# Guess that hair length!



## mjbgsd (Jun 29, 2004)

I thought this would interesting to guess what hair length this puppy might have as an adult, it's about 8 weeks here.


----------



## mjbgsd (Jun 29, 2004)

Nobody's posting comments  lol


----------



## Syaoransbear (Sep 25, 2008)

oh my gosh it's soooooo fuzzyyyy.

I voted plush, but I really have no idea heh.


----------



## Inziladun (Jan 14, 2010)

It's really hard to tell if his hair is as long as Xander's. It's certainly a bit straighter. At first glance I'd say in between Long and Short, but for an 8 week puppy he looks pretty big(those legs!!), so I'm assuming the hair is pretty long so I'd say long. I say you post more pics though, it's kind of hard to see length in those.

This is just based on what I learned from the comments in my thread a couple threads down, so I'm no expert.


----------



## fasteddielv (Feb 16, 2007)

*Looks like my GSD*


----------



## fasteddielv (Feb 16, 2007)

*Who now looks like........*


----------



## fasteddielv (Feb 16, 2007)

*Even more recent...*


----------



## KayElle (Mar 1, 2010)

Well, its coat is a little shorter than my long stock coat male at the same age, so I think he's a short coat, medium length. I can't really see the ears ... if they have tufts then it's a long stock. Pretty coloring. He/she should lighten up quite a bit. You can tell from the tan/red behind the ears.


----------



## Lucy Dog (Aug 10, 2008)

Can you change the poll to three option - stock/short, plush, and long.

There's a big difference between plush and long. You def dont have a long coat there, but you do have a possible plush. 

I chose stock because i didn't want to choose the long coat option, but really i think you have a plush.
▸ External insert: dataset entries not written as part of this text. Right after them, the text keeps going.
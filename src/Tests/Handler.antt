-- ===== src/Tests/Handler.antt =====
-- A handler of the rule of Tests.Engine, and the theorems about handlers at it.
use mmt_security.Prelude.{◌≡◌, refl, none, some, [], ◌∷◌, true, false, Ensures, IfOk, inl}
use mmt_security.Handler.{
  Entry, Handler, single_sec_process, ignore_flows, combine_masks, combine_rules,
}
use mmt_security.Handler.Rules.{remove_rules}
use mmt_security.Handler.Alerts.{IsCounted, single_sec_process-IsCounted}
use mmt_security.Handler.Ignored.{IsIgnoring, last_flow, ignore_flows-IsIgnoring}
use mmt_security.Handler.Consistent.{IsConsistent}
use mmt_security.Handler.Removal.{IsRemoved, remove_rules-IsRemoved}
use mmt_security.Tests.Fsm.{message}
use mmt_security.Tests.Engine.{rule, engine}
use mmt_security.Tests.Flows.{fresh, fresh-IsFlowSet}

abbrev pub entry : Entry
entry = record { rule = rule; single = false; engine = engine; alerts_count = 0; rule_hash = 6 }

abbrev handler : Handler
handler = record {
  entries = entry ∷ [];
  has_callback = true;
  hash = 6;
  messages_count = 0;
  flow_ids_to_ignore = some fresh;
}

handler-IsConsistent : IsConsistent handler
unfolding combine_masks combine_rules
handler-IsConsistent = record { rules = (refl, tt); all = refl }

single_sec_process-IsCounted_example :
    IfOk (single_sec_process handler (message 1 1000 1)) (IsCounted handler (message 1 1000 1))
single_sec_process-IsCounted_example = single_sec_process-IsCounted handler (message 1 1000 1) refl

remove_rules-IsRemoved_example :
    Ensures
      (remove_rules [] handler)
      λ r. IsRemoved [] handler.entries r.1.entries r.0 × (r.1.hash ≡ combine_rules 0 r.1.entries)
remove_rules-IsRemoved_example = remove_rules-IsRemoved [] handler handler-IsConsistent.all

ignore_flows-IsIgnoring_example :
    Ensures
      (ignore_flows
        (none ∷ some (message 1 1000 1) ∷ some (message 2 1050 2) ∷ [])
        18446744073709551615
        fresh)
      (IsIgnoring (
        last_flow
          (none ∷ some (message 1 1000 1) ∷ some (message 2 1050 2) ∷ [])
          18446744073709551615))
ignore_flows-IsIgnoring_example =
    ignore_flows-IsIgnoring (none ∷ some (message 1 1000 1) ∷ some (message 2 1050 2) ∷ [])
      18446744073709551615 fresh (([], fresh-IsFlowSet), inl refl)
Makes sense? lol


----------



## robinhuerta (Apr 21, 2007)

Ok...let me just state one small thing.......there are only 3 correct terms of "coat" on a GSD.
1) Stock Coat.......meaning "normal" coat with proper under-coat.
2) Long Stock Coat.......meaning "long outer-coat" with proper undercoat.
3) Long Hair Coat......meaning "long outer-coat" without proper undercoat.
Wavy, tight, short, plushy ..are all "types" of hair in the outer-coat....
We are sooooo used to the term "plush"...that some people think it's a type of coat.....it really isn't.
Back to the topic......if the puppy pictured has "hair tuffs" behind the ears, and some at the base front of the ears....it is a long stock coat......otherwise...it isn't.
Best wishes! Cute puppy!
If I could see a head shot......I could tell you for sure.
Robin


----------